• EXERCISE DESCRIPTION
Please copy out every line in the records below that includes the word "done".

════

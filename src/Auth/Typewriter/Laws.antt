-- ===== src/Auth/Typewriter/Laws.antt =====
-- web/src/modules/auth/components/auth.tsx: the ticks of `Typewriter`.
use Prim.Native.String.{◌++◌}
use text.Mathlib.TextLemmas.{nil-append, cons-append}
use scylladb_grpc_microservi.Common.{
  ℕ, zero, suc, ◌+◌, ◌-◌, ◌%◌, ◌<◌, ◌≤◌, String, Bool, true, false, List, ltb, length, is_blank,
  text_length, text_take, ◌≡◌, refl, ap, ◌∙◌, arith,
}
use scylladb_grpc_microservi.Auth.Typewriter.{
  Typing, text_at, char_at, type_on, delete_on, tick, ticks, start,
}

text_take-suc :
    (k : ℕ) (s : String) → k < text_length s → text_take k s ++ char_at k s ≡ text_take (suc k) s
text_take-suc k String.[] h = absurd (omega (arith, h))
text_take-suc zero (String.◌∷◌ c s) h = nil-append (String.◌∷◌ c "")
text_take-suc (suc k) (String.◌∷◌ c s) h =
    cons-append c (text_take k s) (char_at k s)
    ∙ ap (λ x. String.◌∷◌ c x) (text_take-suc k s (omega (arith, h)))

length-text_take : (k : ℕ) (s : String) → k ≤ text_length s → text_length (text_take k s) ≡ k
length-text_take zero s h = refl
length-text_take (suc k) String.[] h = omega (arith, h)
length-text_take (suc k) (String.◌∷◌ c s) h = omega (arith, length-text_take k s)

text_take-take : (k : ℕ) (s : String) → text_take k (text_take (suc k) s) ≡ text_take k s
text_take-take zero s = refl
text_take-take (suc k) String.[] = refl
text_take-take (suc k) (String.◌∷◌ c s) = ap (λ x. String.◌∷◌ c x) (text_take-take k s)

text_take-all : (s : String) → text_take (text_length s) s ≡ s
text_take-all String.[] = refl
text_take-all (String.◌∷◌ c s) = ap (λ x. String.◌∷◌ c x) (text_take-all s)

abbrev mk_typing : String → ℕ → Bool → ℕ → Typing
mk_typing d n b i = record {
  display_text = d;
  current_index = n;
  is_deleting = b;
  text_array_index = i;
}

same_typing :
    (d d' : String) (n m : ℕ) (b : Bool) (i : ℕ)
    → d ≡ d'
    → n ≡ m
    → mk_typing d n b i ≡ mk_typing d' m b i
same_typing d d' n m b i e f = rw (e, f) refl

module _ (loop : Bool) (texts : List String) (i : ℕ)
    (full : is_blank (text_at i texts) ≡ false) where
  abbrev typed : ℕ → Typing
  typed k = mk_typing (text_take k (text_at i texts)) k false i

  -- The text with all but its first `k` characters deleted.
  abbrev deleted : ℕ → Typing
  deleted k = mk_typing (text_take k (text_at i texts)) (text_length (text_at i texts)) true i

  tick-typed :
      (k : ℕ) → k < text_length (text_at i texts) → tick loop texts (typed k) ≡ typed (suc k)
  unfolding tick type_on
  tick-typed k h =
      let more : ltb k (text_length (text_at i texts)) ≡ true = ground (arith, h) in
      rw (full, more)
        (same_typing _ _ (k + 1) (suc k) false i (text_take-suc k (text_at i texts) h)
          (omega arith))

  ticks-typed : (k : ℕ) → k ≤ text_length (text_at i texts) → ticks loop texts k (start i) ≡ typed k
  ticks-typed zero h = refl
  ticks-typed (suc k) h =
      ap (tick loop texts) (ticks-typed k (omega (arith, h))) ∙ tick-typed k (omega (arith, h))

  -- While a text is typed, its first characters are shown, one more with each tick; after as many
  -- ticks as it has characters it is shown in full.
  pub ticks-shown :
      (k : ℕ)
      → k ≤ text_length (text_at i texts)
      → ((ticks loop texts k (start i)).display_text ≡ text_take k (text_at i texts))
        × ((ticks loop texts (text_length (text_at i texts)) (start i)).display_text
            ≡ text_at i texts)
  ticks-shown k h = (
    ap Typing.display_text (ticks-typed k h),
    ap Typing.display_text (ticks-typed (text_length (text_at i texts)) (omega arith))
        ∙ text_take-all (text_at i texts),
  )

  tick-shown_full :
      loop ≡ true
      → tick loop texts (typed (text_length (text_at i texts)))
        ≡ deleted (text_length (text_at i texts))
  unfolding tick type_on
  tick-shown_full on =
      let done : ltb (text_length (text_at i texts)) (text_length (text_at i texts)) ≡ false =
        ground arith in
      rw (full, done, on) refl

  tick-deleted :
      (k : ℕ)
      → suc k ≤ text_length (text_at i texts)
      → tick loop texts (deleted (suc k)) ≡ deleted k
  unfolding tick delete_on
  tick-deleted k h =
      let n = length-text_take (suc k) (text_at i texts) h in
      let some_left : ltb 0 (text_length (text_take (suc k) (text_at i texts))) ≡ true =
        ground (arith, n) in
      let less : text_length (text_take (suc k) (text_at i texts)) - 1 ≡ k = omega (arith, n) in
      rw (full, some_left, less)
        (same_typing _ _ _ _ true i (text_take-take k (text_at i texts)) refl)

  tick-empty : tick loop texts (deleted 0) ≡ start ((i + 1) % length texts)
  unfolding tick delete_on
  tick-empty = rw full refl

  ticks_add :
      (n m : ℕ) (s : Typing)
      → ticks loop texts (n + m) s ≡ ticks loop texts n (ticks loop texts m s)
  ticks_add zero m s = let e : zero + m ≡ m = omega arith in ap (λ x. ticks loop texts x s) e
  ticks_add (suc n) m s =
      let e : suc n + m ≡ suc (n + m) = omega arith in
      ap (λ x. ticks loop texts x s) e ∙ ap (tick loop texts) (ticks_add n m s)

  ticks-deleted :
      (k : ℕ) → k ≤ text_length (text_at i texts) → ticks loop texts k (deleted k) ≡ deleted 0
  ticks-deleted zero h = refl
  ticks-deleted (suc k) h =
      let e : suc k ≡ k + 1 = omega arith in
      ap (λ x. ticks loop texts x (deleted (suc k))) e
      ∙ ticks_add k 1 (deleted (suc k))
      ∙ ap (ticks loop texts k) (tick-deleted k h)
      ∙ ticks-deleted k (omega (arith, h))

  -- With `loop` a text is typed and deleted again, and the next one begins, in twice its length and
  -- two ticks.
  pub ticks-next :
      loop ≡ true
      → let n = text_length (text_at i texts) in
        ticks loop texts (1 + (n + (1 + n))) (start i) ≡ start ((i + 1) % length texts)
  ticks-next on =
      let n = text_length (text_at i texts) in
      ticks_add 1 (n + (1 + n)) (start i)
      ∙ ap (tick loop texts) (
          ticks_add n (1 + n) (start i)
          ∙ ap (ticks loop texts n) (
              ticks_add 1 n (start i)
              ∙ ap (tick loop texts) (ticks-typed n (omega arith))
              ∙ tick-shown_full on)
          ∙ ticks-deleted n (omega arith))
      ∙ tick-empty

════

• RESULT OF THE TASK
      let done : ltb (text_length (text_at i texts)) (text_length (text_at i texts)) ≡ false =
      rw (full, done, on) refl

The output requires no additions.